Many disorders result from inappropriate cell migration, ranging from cancer metastasis to inflammatory diseases such as rheumatoid arthritis. The aberrant migration of tumor cells and leukocytes in these diseases is thought to be due to misregulated chemotactic pathways whose misregulation cause normally benign signaling from cell surface receptors (chemoattractant receptors) to induce potent migratory phenotypes. Recent studies have shown that the cofilin pathway is an essential effector of these misregulated pathways; however, the precise role of cofilin in chemotaxis is controversial. Several studies suggest cofilin is directly involved in chemotaxis and is essential for initiating directional cell migration in response to signaling from chemoattractant receptors. In contrast, other studies indicate cofilin only plays an indirect role by recycling old actin filaments, thereb promoting a dynamic actin cytoskeleton that facilitates cell migration. The different methodologies used to study cofilin have yielded contradictory results. Activation or inhibition of cofilin by genetic perturbations, such as overexpression or ablation of gene expression by RNAi, both result in stabilization of the actin cytoskeleton and inhibition of cell migration. Genetic perturbations modulate signaling in the entire cell over the course of days, and it is likely that these approaches are inadequate for deciphering the molecular logic of the cofilin pathway, which is regulated at the subcellular level on the timescale of seconds. The major goal of this proposal is to develop the capability to manipulate cofilin signaling with high spatial and temporal precision in living cells via the construction of cofilin and LIM kinase (inhibitory regulator of cofilin) analogues that are controlled by light. In contrast to genetic perturbations, photoactivation can manipulate signaling rapidly (~1 s) and locally (~ 1 ?m2).

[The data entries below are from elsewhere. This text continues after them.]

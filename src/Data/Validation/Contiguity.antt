-- ===== src/Data/Validation/Contiguity.antt =====
-- What `validate_candle_sequence` and `validate_not_stale` accept.
use mathlib.Core.Bool.{false}
use binance_testnet_trading.Base.{
  All, List, Option-cases, String, [], arith, inl, inr, last?, ok, refl, some, ℕ, ◌*◌, ◌+◌, ◌<◌,
  ◌↔◌, ◌∷◌, ◌≡◌, ◌≤◌,
}
use binance_testnet_trading.Data.{Candle, interval_to_ms, interval_to_ms_pos}
use binance_testnet_trading.Data.Validation.{
  seen_before, validate_candle_sequence, validate_loop, validate_not_stale,
}

-- No open time of the list lies after `t`.
abbrev pub Behind : ℕ → List ℕ → Type 0
Behind t = All (λ s. s ≤ t)

pub Behind-later : (seen : List ℕ) (t u : ℕ) → t ≤ u → Behind t seen → Behind u seen
Behind-later [] t u le h = tt
Behind-later (s ∷ seen) t u le h = (omega arith, Behind-later seen t u le h.1)

module _ {D : Type 0} where
  -- Each candle opens exactly `gap` after the one before it.
  abbrev pub Follows : ℕ → Candle D → List (Candle D) → Type 0
  Follows gap p [] = Unit {0}
  Follows gap p (c ∷ cs) = (c.open_time_ms ≡ p.open_time_ms + gap) × Follows gap c cs

  abbrev pub IsContiguous : ℕ → List (Candle D) → Type 0
  IsContiguous gap [] = ⊥
  IsContiguous gap (c ∷ cs) = Follows gap c cs

  pub not_seen :
      (seen : List ℕ) (t : ℕ) (c : Candle D)
      → Behind t seen
      → t < c.open_time_ms
      → seen_before seen c ≡ false
  not_seen [] t c h lt = refl
  not_seen (s ∷ seen) t c h lt = ground (arith, not_seen seen t c h.1 lt)

  validate_loop_sound :
      (gap : ℕ) (seen : List ℕ) (p : Candle D) (cs : List (Candle D))
      → validate_loop gap seen (some p) cs ≡ ok tt
      → Follows gap p cs
  unfolding validate_loop
  validate_loop_sound gap seen p [] e = tt
  validate_loop_sound gap seen p (c ∷ cs) e =
      ground (arith, validate_loop_sound gap (c.open_time_ms ∷ seen) c cs)

  validate_loop_complete :
      (gap : ℕ) (seen : List ℕ) (p : Candle D) (cs : List (Candle D))
      → 0 < gap
      → Behind p.open_time_ms seen
      → Follows gap p cs
      → validate_loop gap seen (some p) cs ≡ ok tt
  unfolding validate_loop
  validate_loop_complete gap seen p [] g b f = refl
  validate_loop_complete gap seen p (c ∷ cs) g b f =
      let later = Behind-later seen p.open_time_ms c.open_time_ms (omega arith) b in
      ground (
        arith,
        not_seen seen p.open_time_ms c b,
        validate_loop_complete gap (c.open_time_ms ∷ seen) c cs g (omega arith, later) f.1,
      )

  -- A series is accepted, and returned unchanged, exactly when it is not empty and each candle opens
  -- one interval after the one before it. The interval is a supported one.
  pub validate_candle_sequence_accepts :
      (cs ds : List (Candle D)) (interval : String) {gap : ℕ}
      → interval_to_ms interval ≡ ok gap
      → (validate_candle_sequence cs interval ≡ ok ds) ↔ ((cs ≡ ds) × IsContiguous gap cs)
  unfolding validate_candle_sequence validate_loop
  validate_candle_sequence_accepts [] ds interval e = (λ h. ground arith, λ h. ground arith)
  validate_candle_sequence_accepts (c ∷ cs) ds interval {gap = gap} e =
      let pos = interval_to_ms_pos interval e in
      rw e (
        (λ h. ground (arith, validate_loop_sound gap (c.open_time_ms ∷ []) c cs)),
        (λ h. ground (arith, validate_loop_complete gap (c.open_time_ms ∷ []) c cs pos)),
      )

  -- A series passes the staleness check, unchanged, exactly when it has a last candle and that one
  -- closed at most `max_age_seconds` seconds before the reference time.
  pub validate_not_stale_accepts :
      (cs ds : List (Candle D)) (reference_time_ms max_age_seconds : ℕ)
      → (validate_not_stale cs reference_time_ms max_age_seconds ≡ ok ds) ↔ (
          (cs ≡ ds)
          × ((c : Candle D) × (last? cs ≡ some c)
              × (reference_time_ms ≤ max_age_seconds * 1000 + c.close_time_ms)))
  unfolding validate_not_stale
  validate_not_stale_accepts [] ds r m = (λ h. ground arith, λ h. ground arith)
  validate_not_stale_accepts (c ∷ cs) ds r m = elim (Option-cases (last? (c ∷ cs))) [
    | inl e ↦ (λ h. ground arith, λ h. ground arith)
    | inr (l, e) ↦ ((λ h. (ground arith, (l, e, ground arith))), λ h. ground arith)
  ]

We aim to use these analogues to study cofilin's role in facilitating tumor cell chemotaxis during cancer metastasis. Photoactivation of cofilin, and activation or inhibition of LIM kinase, will enable us o test different models of signaling from chemoattractant receptors through cofilin to directional migration.
In a variety of diseases such as cancer and rheumatoid arthritis, cells in the body enter tissues inappropriately and cause damage, leading to potential disability or death. The work proposed in this grant will develop the tools necessary to enable researchers to understand how these cells are able to leave their normal environment and enter new tissues. An initial application of these tools will help understand how and why cancer cells spread from the initial tumor to distant sites in the body to form secondary tumors that are the cause of 90% of deaths due to cancer.